◆ **Required work**
Find the line in the entries below that contains "abbrev Removed : String". Repeat it exactly, and every line after it through the line that contains "holds other ids))".

★ ★ ★ ★ ★ ★ ★

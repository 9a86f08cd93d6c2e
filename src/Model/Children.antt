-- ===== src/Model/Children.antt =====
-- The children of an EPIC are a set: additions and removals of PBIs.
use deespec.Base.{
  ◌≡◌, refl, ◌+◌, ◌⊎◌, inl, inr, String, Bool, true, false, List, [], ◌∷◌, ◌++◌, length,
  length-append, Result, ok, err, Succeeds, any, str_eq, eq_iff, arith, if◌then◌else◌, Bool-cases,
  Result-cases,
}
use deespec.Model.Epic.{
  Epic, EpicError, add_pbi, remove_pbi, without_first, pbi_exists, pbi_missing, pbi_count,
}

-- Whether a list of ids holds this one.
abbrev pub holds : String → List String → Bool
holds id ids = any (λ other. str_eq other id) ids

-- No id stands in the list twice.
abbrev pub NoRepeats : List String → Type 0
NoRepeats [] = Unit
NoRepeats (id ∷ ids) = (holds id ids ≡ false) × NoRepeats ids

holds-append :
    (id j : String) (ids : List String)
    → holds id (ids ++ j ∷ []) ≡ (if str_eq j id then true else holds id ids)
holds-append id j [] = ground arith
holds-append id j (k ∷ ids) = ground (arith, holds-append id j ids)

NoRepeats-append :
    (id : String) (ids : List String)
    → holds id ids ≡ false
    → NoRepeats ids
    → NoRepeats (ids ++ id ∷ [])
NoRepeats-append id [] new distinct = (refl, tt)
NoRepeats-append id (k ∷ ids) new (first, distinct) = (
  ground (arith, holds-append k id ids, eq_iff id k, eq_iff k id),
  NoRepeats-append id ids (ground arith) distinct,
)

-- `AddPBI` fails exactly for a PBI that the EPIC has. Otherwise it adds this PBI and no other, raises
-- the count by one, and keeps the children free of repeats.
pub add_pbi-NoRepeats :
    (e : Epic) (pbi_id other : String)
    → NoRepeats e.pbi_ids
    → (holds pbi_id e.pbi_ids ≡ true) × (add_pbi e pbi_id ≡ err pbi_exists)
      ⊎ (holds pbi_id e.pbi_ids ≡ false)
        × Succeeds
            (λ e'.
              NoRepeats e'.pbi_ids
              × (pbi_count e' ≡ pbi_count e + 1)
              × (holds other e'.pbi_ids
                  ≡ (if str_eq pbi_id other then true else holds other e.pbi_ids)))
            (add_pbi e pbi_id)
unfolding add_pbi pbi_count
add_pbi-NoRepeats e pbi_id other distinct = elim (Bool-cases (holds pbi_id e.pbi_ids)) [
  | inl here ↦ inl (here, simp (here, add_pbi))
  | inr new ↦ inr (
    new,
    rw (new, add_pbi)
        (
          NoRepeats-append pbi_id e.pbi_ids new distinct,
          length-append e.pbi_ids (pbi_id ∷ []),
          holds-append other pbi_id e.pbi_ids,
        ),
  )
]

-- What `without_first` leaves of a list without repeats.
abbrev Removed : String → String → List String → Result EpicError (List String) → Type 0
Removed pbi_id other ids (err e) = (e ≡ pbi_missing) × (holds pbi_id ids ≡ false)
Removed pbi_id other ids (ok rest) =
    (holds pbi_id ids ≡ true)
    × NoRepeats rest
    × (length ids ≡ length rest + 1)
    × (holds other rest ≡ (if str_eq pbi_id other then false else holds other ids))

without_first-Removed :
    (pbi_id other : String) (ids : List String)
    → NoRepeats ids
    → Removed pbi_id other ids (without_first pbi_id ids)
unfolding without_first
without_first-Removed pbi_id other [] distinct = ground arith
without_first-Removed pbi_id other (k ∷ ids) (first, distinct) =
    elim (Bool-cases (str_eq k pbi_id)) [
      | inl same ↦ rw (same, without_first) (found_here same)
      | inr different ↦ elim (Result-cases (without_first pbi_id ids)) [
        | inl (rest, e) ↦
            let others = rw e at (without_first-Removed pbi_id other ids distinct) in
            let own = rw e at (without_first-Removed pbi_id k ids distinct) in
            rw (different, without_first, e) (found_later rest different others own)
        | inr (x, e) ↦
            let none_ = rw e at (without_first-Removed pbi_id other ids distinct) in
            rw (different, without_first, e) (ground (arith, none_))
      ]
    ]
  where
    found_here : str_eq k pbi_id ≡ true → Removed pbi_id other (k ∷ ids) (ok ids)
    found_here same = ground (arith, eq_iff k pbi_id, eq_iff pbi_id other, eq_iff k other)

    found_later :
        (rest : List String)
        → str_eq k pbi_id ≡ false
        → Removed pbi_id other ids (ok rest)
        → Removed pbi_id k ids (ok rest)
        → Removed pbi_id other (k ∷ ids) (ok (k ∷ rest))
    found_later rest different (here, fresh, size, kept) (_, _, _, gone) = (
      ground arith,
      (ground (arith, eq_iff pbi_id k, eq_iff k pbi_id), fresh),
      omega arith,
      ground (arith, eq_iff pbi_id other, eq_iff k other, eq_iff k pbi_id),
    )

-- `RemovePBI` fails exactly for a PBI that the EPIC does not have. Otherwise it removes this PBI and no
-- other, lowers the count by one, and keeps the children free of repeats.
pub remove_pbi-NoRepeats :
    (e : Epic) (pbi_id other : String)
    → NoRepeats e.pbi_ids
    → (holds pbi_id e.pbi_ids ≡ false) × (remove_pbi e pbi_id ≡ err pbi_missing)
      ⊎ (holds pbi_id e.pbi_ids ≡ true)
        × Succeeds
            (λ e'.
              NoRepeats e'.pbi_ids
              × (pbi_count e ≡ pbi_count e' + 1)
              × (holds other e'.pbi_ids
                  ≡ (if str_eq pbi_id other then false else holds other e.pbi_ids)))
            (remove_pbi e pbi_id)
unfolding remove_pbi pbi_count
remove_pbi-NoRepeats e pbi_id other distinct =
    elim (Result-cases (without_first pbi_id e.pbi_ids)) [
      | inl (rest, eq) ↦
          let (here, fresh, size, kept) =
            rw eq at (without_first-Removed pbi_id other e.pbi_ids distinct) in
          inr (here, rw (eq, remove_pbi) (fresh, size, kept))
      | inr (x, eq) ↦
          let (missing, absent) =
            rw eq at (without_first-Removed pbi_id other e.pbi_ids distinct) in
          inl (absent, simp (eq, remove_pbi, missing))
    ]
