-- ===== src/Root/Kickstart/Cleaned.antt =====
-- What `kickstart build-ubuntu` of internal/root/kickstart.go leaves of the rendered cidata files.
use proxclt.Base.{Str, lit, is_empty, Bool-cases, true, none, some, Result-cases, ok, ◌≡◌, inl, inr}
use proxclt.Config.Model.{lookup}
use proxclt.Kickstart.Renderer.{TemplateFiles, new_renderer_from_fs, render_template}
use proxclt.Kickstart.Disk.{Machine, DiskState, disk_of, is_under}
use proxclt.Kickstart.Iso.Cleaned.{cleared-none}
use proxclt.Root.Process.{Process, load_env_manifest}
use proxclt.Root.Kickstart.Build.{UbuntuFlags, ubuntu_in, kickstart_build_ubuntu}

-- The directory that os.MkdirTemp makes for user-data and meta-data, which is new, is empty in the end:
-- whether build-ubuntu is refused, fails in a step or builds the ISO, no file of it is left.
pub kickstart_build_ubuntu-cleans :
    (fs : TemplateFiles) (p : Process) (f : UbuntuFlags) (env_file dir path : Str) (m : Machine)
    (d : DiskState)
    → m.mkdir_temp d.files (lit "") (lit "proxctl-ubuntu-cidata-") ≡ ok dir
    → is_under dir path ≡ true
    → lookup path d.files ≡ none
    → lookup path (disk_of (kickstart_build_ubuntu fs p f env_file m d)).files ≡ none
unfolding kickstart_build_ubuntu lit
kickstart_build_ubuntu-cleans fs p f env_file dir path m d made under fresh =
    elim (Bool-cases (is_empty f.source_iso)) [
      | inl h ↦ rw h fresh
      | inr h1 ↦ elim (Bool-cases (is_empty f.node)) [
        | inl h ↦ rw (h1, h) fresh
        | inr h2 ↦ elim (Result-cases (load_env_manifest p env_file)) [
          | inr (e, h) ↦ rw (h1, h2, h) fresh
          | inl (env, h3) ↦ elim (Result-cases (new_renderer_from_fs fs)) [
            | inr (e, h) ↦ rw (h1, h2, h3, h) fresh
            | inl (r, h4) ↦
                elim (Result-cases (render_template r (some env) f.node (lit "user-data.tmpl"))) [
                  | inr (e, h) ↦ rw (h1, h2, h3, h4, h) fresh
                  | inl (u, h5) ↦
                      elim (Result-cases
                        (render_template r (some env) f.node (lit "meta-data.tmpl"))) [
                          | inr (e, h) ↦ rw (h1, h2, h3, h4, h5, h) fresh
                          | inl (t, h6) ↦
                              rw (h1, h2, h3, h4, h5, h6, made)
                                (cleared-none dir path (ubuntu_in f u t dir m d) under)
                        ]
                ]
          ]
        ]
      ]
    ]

★ ★ ★ ★ ★ ★ ★

◆ **Solution to this exercise**
abbrev Removed : String → String → List String → Result EpicError (List String) → Type 0
Removed pbi_id other ids (err e) = (e ≡ pbi_missing) × (holds pbi_id ids ≡ false)
Removed pbi_id other ids (ok rest) =
    (holds pbi_id ids ≡ true)
    × NoRepeats rest
    × (length ids ≡ length rest + 1)
    × (holds other rest ≡ (if str_eq pbi_id other then false else holds other ids))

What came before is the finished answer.